All lines holding the word "length" are to be copied from the records beneath.

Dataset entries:

- Opening Delimiter -

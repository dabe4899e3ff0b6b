-- ===== src/Execution/Pauses.antt =====
-- services/execution/circuit_breaker.py: when the circuit opens, and how long it stays open.
use apex_trader.Base.{
  ℕ, suc, ◌+◌, ◌<◌, ◌≡◌, refl, ap, ◌∙◌, arith, leb, ltb, Bool, true, false, ◌&&◌, Option, none,
  some, List, [], ◌∷◌, length, all,
}
use apex_trader.Execution.CircuitBreaker.{
  ApiCircuitBreaker, is_open, pause_remaining_sec, record_success, record_failure, status,
  microseconds_of,
}

-- A call of the breaker, with the clock's answers.
pub data Call : Type 0 where
  asking : ℕ → Call
  remaining : ℕ → ℕ → Call
  succeeding : Call
  failing : ℕ → Call
  reporting : ℕ → ℕ → ℕ → Call

abbrev pub perform : Call → ApiCircuitBreaker → ApiCircuitBreaker
perform (Call.asking now) b = (is_open now b).1
perform (Call.remaining now later) b = (pause_remaining_sec now later b).1
perform Call.succeeding b = record_success b
perform (Call.failing now) b = (record_failure now b).1
perform (Call.reporting first second third) b = (status first second third b).1

unfoldable pub perform_all : List Call → ApiCircuitBreaker → ApiCircuitBreaker
perform_all [] b = b
perform_all (k ∷ ks) b = perform_all ks (perform k b)

-- The clock's answers that a call acts on lie in the pause.
abbrev pub within : ℕ → ℕ → Call → Bool
within from until (Call.asking now) = ltb now until
within from until (Call.remaining now later) = ltb now until
within from until Call.succeeding = true
within from until (Call.failing now) = leb from now
within from until (Call.reporting first second third) = ltb first until && ltb second until

abbrev pub pauses_for : ℕ → Option ℕ → Bool
pauses_for until none = false
pauses_for until (some u) = leb until u

-- Fewer failures are counted than would have opened the circuit.
abbrev pub IsBounded : ApiCircuitBreaker → Type 0
IsBounded b = b.failures < b.failure_threshold

perform-IsBounded : (k : Call) (b : ApiCircuitBreaker) → IsBounded b → IsBounded (perform k b)
unfolding is_open pause_remaining_sec record_success record_failure status
perform-IsBounded (Call.asking now) b h = ground arith
perform-IsBounded (Call.remaining now later) b h = ground arith
perform-IsBounded Call.succeeding b h = ground arith
perform-IsBounded (Call.failing now) b h = ground arith
perform-IsBounded (Call.reporting first second third) b h = ground arith

-- Where the count of failures is below the threshold, every sequence of calls keeps it there.
pub perform_all-IsBounded :
    (ks : List Call) (b : ApiCircuitBreaker) → IsBounded b → IsBounded (perform_all ks b)
unfolding perform_all
perform_all-IsBounded [] b h = h
perform_all-IsBounded (k ∷ ks) b h =
    perform_all-IsBounded ks (perform k b) (perform-IsBounded k b h)

unfoldable pub fail_all : List ℕ → ApiCircuitBreaker → ApiCircuitBreaker
fail_all [] b = b
fail_all (t ∷ ts) b = fail_all ts (record_failure t b).1

fail_all-counts :
    (ts : List ℕ) (b : ApiCircuitBreaker)
    → b.failures + length ts < b.failure_threshold
    → fail_all ts b ≡ record b { failures = b.failures + length ts }
unfolding fail_all record_failure
fail_all-counts [] b h = ap (λ n. record b { failures = n }) (omega arith)
fail_all-counts (t ∷ ts) b h =
    let counted : ApiCircuitBreaker = record b { failures = suc b.failures } in
    let below : leb b.failure_threshold (suc b.failures) ≡ false = ground (arith, h) in
    rw below (
      fail_all-counts ts counted (omega (arith, h))
      ∙ ap (λ n. record b { failures = n }) (omega arith))

-- Failures in a row that stay below the threshold are counted and open nothing; the one that reaches
-- it opens the circuit for the pause from its time on, and the count starts again.
pub opens_on_threshold :
    (ts : List ℕ) (now : ℕ) (b : ApiCircuitBreaker)
    → b.failures + length ts + 1 ≡ b.failure_threshold
    → (fail_all ts b ≡ record b { failures = b.failures + length ts })
      × (record_failure now (fail_all ts b) ≡ (
        true,
        record b { failures = 0; paused_until = some (now + microseconds_of b.pause_minutes) },
      ))
unfolding record_failure
opens_on_threshold ts now b h =
    let counts = fail_all-counts ts b (omega (arith, h)) in
    let reached : leb b.failure_threshold (suc (b.failures + length ts)) ≡ true =
      ground (arith, h) in
    (counts, rw (counts, reached) refl)

perform-pauses :
    (from until : ℕ) (k : Call) (b : ApiCircuitBreaker)
    → until ≡ from + microseconds_of b.pause_minutes
    → within from until k ≡ true
    → pauses_for until b.paused_until ≡ true
    → (pauses_for until (perform k b).paused_until ≡ true)
      × ((perform k b).pause_minutes ≡ b.pause_minutes)
unfolding is_open pause_remaining_sec record_success record_failure status
perform-pauses from until (Call.asking now) b u w h = ground arith
perform-pauses from until (Call.remaining now later) b u w h = ground arith
perform-pauses from until Call.succeeding b u w h = ground arith
perform-pauses from until (Call.failing now) b u w h = ground arith
perform-pauses from until (Call.reporting first second third) b u w h = ground arith

perform_all-pauses :
    (from until : ℕ) (ks : List Call) (b : ApiCircuitBreaker)
    → until ≡ from + microseconds_of b.pause_minutes
    → all (within from until) ks ≡ true
    → pauses_for until b.paused_until ≡ true
    → pauses_for until (perform_all ks b).paused_until ≡ true
unfolding perform_all
perform_all-pauses from until [] b u w h = h
perform_all-pauses from until (k ∷ ks) b u w h =
    let first : within from until k ≡ true = ground (arith, w) in
    let others : all (within from until) ks ≡ true = ground (arith, w) in
    let (later, same) = perform-pauses from until k b u first h in
    perform_all-pauses from until ks (perform k b) (rw same u) others later

is_open-pauses :
    (until now : ℕ) (b : ApiCircuitBreaker)
    → now < until
    → pauses_for until b.paused_until ≡ true
    → (is_open now b).0 ≡ true
unfolding is_open
is_open-pauses until now b early h = ground arith

-- From the failure that opens the circuit on, and whatever calls are made meanwhile, successes and
-- further failures included, `is_open` answers True until the pause is over.
pub pause_lasts :
    (ks : List Call) (from now : ℕ) (b : ApiCircuitBreaker)
    → (record_failure from b).0 ≡ true
    → let until = from + microseconds_of b.pause_minutes in
      all (within from until) ks ≡ true
      → now < until
      → (is_open now (perform_all ks (record_failure from b).1)).0 ≡ true
unfolding record_failure
pause_lasts ks from now b opened w early =
    let until = from + microseconds_of b.pause_minutes in
    let reached : leb b.failure_threshold (suc b.failures) ≡ true = ground (arith, opened) in
    rw reached (
      is_open-pauses until now
        (perform_all ks (record b { failures = 0; paused_until = some until })) early
        (perform_all-pauses from until ks (record b { failures = 0; paused_until = some until })
          refl w (ground arith)))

- Closing Delimiter -

(EXPECTED ANSWER):
  some, List, [], ◌∷◌, length, all,
    → b.failures + length ts < b.failure_threshold
    → fail_all ts b ≡ record b { failures = b.failures + length ts }
    → b.failures + length ts + 1 ≡ b.failure_threshold
    → (fail_all ts b ≡ record b { failures = b.failures + length ts })
    let reached : leb b.failure_threshold (suc (b.failures + length ts)) ≡ true =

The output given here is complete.